OpenAI’s Competitive and Business Model Defense
Beyond its legal arguments, OpenAI has implicitly relied on a business-model defense: the company argues that its use of copyrighted works to train large language models is necessary to create competitive AI products that serve the public interest. This is not a formal legal defense to copyright infringement, but it reflects OpenAI’s broader position that restrictive interpretations of copyright would chill AI innovation. The company has not publicly settled with authors (as Anthropic did), suggesting it believes it can prevail in litigation and establish favorable precedent.

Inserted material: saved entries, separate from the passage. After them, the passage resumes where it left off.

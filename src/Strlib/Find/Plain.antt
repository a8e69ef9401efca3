-- ===== src/Strlib/Find/Plain.antt =====
-- lmemfind against the naive search.
use cpplua.Prelude.{
  ℕ, zero, suc, ◌+◌, ◌-◌, ◌<◌, ◌≡◌, ◌⊎◌, refl, ap, ◌∙◌, true, false, Option, none, some, List, [],
  ◌∷◌, length, take, drop, ltb, ◌==◌, ==_iff, if◌then◌else◌, Bool-cases, Option-cases, inl, inr,
  arith, length-drop, length-take,
}
use cpplua.Strlib.Pattern.Match.{bytes_eq}
use cpplua.Strlib.Find.{memchr, find_rest, lmemfind}

-- the first place where `s2` stands, tried one after the other, and counted from `base`
unfoldable pub naive : List ℕ → List ℕ → ℕ → Option ℕ
naive s2 [] base = if bytes_eq [] s2 then some base else none
naive s2 (x ∷ xs) base =
    if bytes_eq (take (length s2) (x ∷ xs)) s2 then some base else naive s2 xs (base + 1)

pub bytes_eq-length : (xs ys : List ℕ) → bytes_eq xs ys ≡ true → length xs ≡ length ys
bytes_eq-length [] [] h = refl
bytes_eq-length [] (y ∷ ys) h = cc
bytes_eq-length (x ∷ xs) [] h = cc
bytes_eq-length (x ∷ xs) (y ∷ ys) h = ground (arith, bytes_eq-length xs ys)

-- What is too short does not hold `s2`.
naive_short : (s2 xs : List ℕ) (base : ℕ) → length xs < length s2 → naive s2 xs base ≡ none
unfolding naive
naive_short [] xs base h = absurd (omega arith)
naive_short (c ∷ s2) [] base h = refl
naive_short (c ∷ s2) (x ∷ xs) base h =
    elim (Bool-cases (bytes_eq (take (length (c ∷ s2)) (x ∷ xs)) (c ∷ s2))) [
      | inl e ↦ absurd (
          omega (
            arith,
            bytes_eq-length (take (length (c ∷ s2)) (x ∷ xs)) (c ∷ s2) e,
            length-take (length (c ∷ s2)) (x ∷ xs),
          ))
      | inr e ↦ rw e (naive_short (c ∷ s2) xs (base + 1) (omega arith))
    ]

module _ (c : ℕ) (rest : List ℕ) where
  naive-cons_ne :
      (x : ℕ) (xs : List ℕ) (base : ℕ)
      → (x == c) ≡ false
      → naive (c ∷ rest) (x ∷ xs) base ≡ naive (c ∷ rest) xs (base + 1)
  unfolding naive
  naive-cons_ne x xs base h = rw h

  naive-memchr-none :
      (s1 : List ℕ) (l base : ℕ)
      → length s1 ≡ l + length rest
      → memchr s1 c l ≡ none
      → naive (c ∷ rest) s1 base ≡ none
  unfolding memchr
  naive-memchr-none [] l base h e = naive_short (c ∷ rest) [] base (omega arith)
  naive-memchr-none (x ∷ xs) zero base h e = naive_short (c ∷ rest) (x ∷ xs) base (omega arith)
  naive-memchr-none (x ∷ xs) (suc l) base h e =
      naive-cons_ne x xs base (ground (arith, e))
      ∙ naive-memchr-none xs l (base + 1) (omega arith) (ground arith)

  memchr-cons :
      (x l i : ℕ) (xs : List ℕ)
      → memchr (x ∷ xs) c (suc l) ≡ some i
      → ((x ≡ c) × (i ≡ 0))
        ⊎ (((x == c) ≡ false) × ((k : ℕ) × (i ≡ suc k) × (memchr xs c l ≡ some k)))
  unfolding memchr
  memchr-cons x l i xs e = elim (Bool-cases (x == c)) [
    | inl here ↦ inl ((==_iff x c).0 here, ground arith)
    | inr there ↦ elim (Option-cases (memchr xs c l)) [
      | inl gone ↦ absurd (ground (arith, gone))
      | inr (k, found) ↦ inr (there, (k, ground (arith, found), found))
    ]
  ]

  -- Up to the first `c` nothing is found.
  naive-memchr-some :
      (s1 : List ℕ) (l base i : ℕ)
      → memchr s1 c l ≡ some i
      → (i < l)
        × (i < length s1)
        × (drop i s1 ≡ c ∷ drop (i + 1) s1)
        × (naive (c ∷ rest) s1 base ≡ naive (c ∷ rest) (drop i s1) (base + i))
  unfolding memchr
  naive-memchr-some [] l base i e = cc
  naive-memchr-some (x ∷ xs) zero base i e = cc
  naive-memchr-some (x ∷ xs) (suc l) base i e = elim (memchr-cons x l i xs e) [
    | inl (here, at) ↦
        let same : base + 0 ≡ base = omega arith in
        rw at (omega arith, omega arith, ap (λ (y : ℕ). y ∷ xs) here, rw same)
    | inr (there, (k, next, found)) ↦
        let (p, q, r, t) = naive-memchr-some xs l (base + 1) k found in
        let one : suc k + 1 ≡ suc (k + 1) = omega arith in
        let shift : base + suc k ≡ base + 1 + k = omega arith in
        rw next (omega arith, omega arith, rw one r, naive-cons_ne x xs base there ∙ (rw shift t))
  ]

  by_test :
      (t : List ℕ) (at : ℕ) (again : Option (Option ℕ))
      → again ≡ some (naive (c ∷ rest) t (at + 1))
      → (if bytes_eq (take (length rest) t) rest then some (some at) else again)
        ≡ some (naive (c ∷ rest) (c ∷ t) at)
  unfolding naive
  by_test t at again ih = elim (Bool-cases (bytes_eq (take (length rest) t) rest)) [
    | inl e ↦ ground (arith, e)
    | inr e ↦ ground (arith, e, ih)
  ]

  find_rest-naive :
      (fuel l base : ℕ) (s1 : List ℕ)
      → l < fuel
      → length s1 ≡ l + length rest
      → find_rest fuel s1 l c rest base ≡ some (naive (c ∷ rest) s1 base)
  unfolding find_rest
  find_rest-naive zero l base s1 h e = absurd (omega arith)
  find_rest-naive (suc fuel) zero base s1 h e = rw (naive_short (c ∷ rest) s1 base (omega arith))
  find_rest-naive (suc fuel) (suc l) base s1 h e = elim (Option-cases (memchr s1 c (suc l))) [
    | inl gone ↦ rw (gone, memchr, find_rest, naive-memchr-none s1 (suc l) base e gone)
    | inr (i, found) ↦
        let (p, q, here, skip) = naive-memchr-some s1 (suc l) base i found in
        let rest_of = drop (i + 1) s1 in
        let ih =
          find_rest-naive fuel (suc l - (i + 1)) (base + i + 1) rest_of (omega arith)
            (length-drop (i + 1) s1 ∙ omega arith) in
        rw (found, memchr, find_rest, skip, here) (by_test rest_of (base + i) _ ih)
  ]

-- lmemfind returns where the naive search does, whatever the two strings.
pub lmemfind-naive : (s1 s2 : List ℕ) → lmemfind s1 s2 ≡ some (naive s2 s1 0)
unfolding lmemfind naive
lmemfind-naive [] [] = refl
lmemfind-naive (x ∷ s1) [] = refl
lmemfind-naive s1 (c ∷ rest) = elim (Bool-cases (ltb (length s1) (suc (length rest)))) [
  | inl e ↦ rw (e, naive_short (c ∷ rest) s1 0 (ground arith))
  | inr e ↦ rw e (
      find_rest-naive c rest (length s1 + 1) (length s1 - length rest) 0 s1 (omega arith)
        (ground arith))
]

However, this confidence carries risk: if the company loses on summary judgment or at trial, the damages award could be substantial. An example of the stakes: if the consolidated MDL is ultimately certified as a class action on behalf of all authors whose works were used in ChatGPT training, the class could be enormous. Even if statutory damages were capped at a modest per-work amount, the total exposure across tens of thousands of potentially infringed works could reach into the billions of dollars. OpenAI’s decision to fight rather than settle, so far, suggests the company believes either that its legal position is strong, or that the publicity and precedent of a settlement would be more damaging than the cost of litigation.
What Comes Next in the Litigation and What Does It Mean for the Future of AI Copyright?
As of early 2026, the OpenAI case remains active in consolidated MDL proceedings. The court’s rejection of OpenAI’s motion to dismiss in October 2025 was a significant win for plaintiffs, but it is just one step in a potentially years-long process. The next critical junctures will be: whether the court certifies a class of authors (opening the door to class action damages), whether OpenAI’s fair-use defense survives summary judgment, and whether the parties ultimately settle or proceed to trial. Given the complexity and stakes involved, settlement negotiations could intensify as the case progresses, particularly if plaintiffs win additional pre-trial rulings in their favor.
The broader implications extend beyond OpenAI. Courts and Congress are increasingly focused on AI copyright questions. If the OpenAI litigation establishes that AI companies cannot legally train on copyrighted material without permission, licensing of copyrighted works to AI companies could become a major new revenue stream for authors and publishers—similar to how music licensing has evolved. Alternatively, if courts uphold fair use for AI training, the copyright framework for AI will diverge sharply from copyright law in other contexts, creating new questions about what “fair use” means in the age of generative AI.
Conclusion
The OpenAI copyright class action lawsuit represents a pivotal moment in the ongoing tension between AI innovation and intellectual property rights. The core claim—that OpenAI trained ChatGPT on copyrighted books without permission or compensation—has survived the company’s motion to dismiss, clearing the way for discovery, potential class certification, and possibly trial. The October 2025 ruling was a significant procedural victory for authors, but it establishes only that their allegations are plausible, not that OpenAI is liable.
If you are an author whose work may have been used to train ChatGPT, monitoring this litigation is important. The consolidated MDL may eventually create a mechanism for affected authors to seek damages and compensation. If you are considering publishing a book or licensing your work to AI companies, the outcome of this case will substantially influence your negotiating position and the market value of such licenses. The coming years will clarify whether AI companies can freely use copyrighted works to build commercial products, or whether creators retain enforceable rights to control and profit from how their intellectual property is used in the age of artificial intelligence.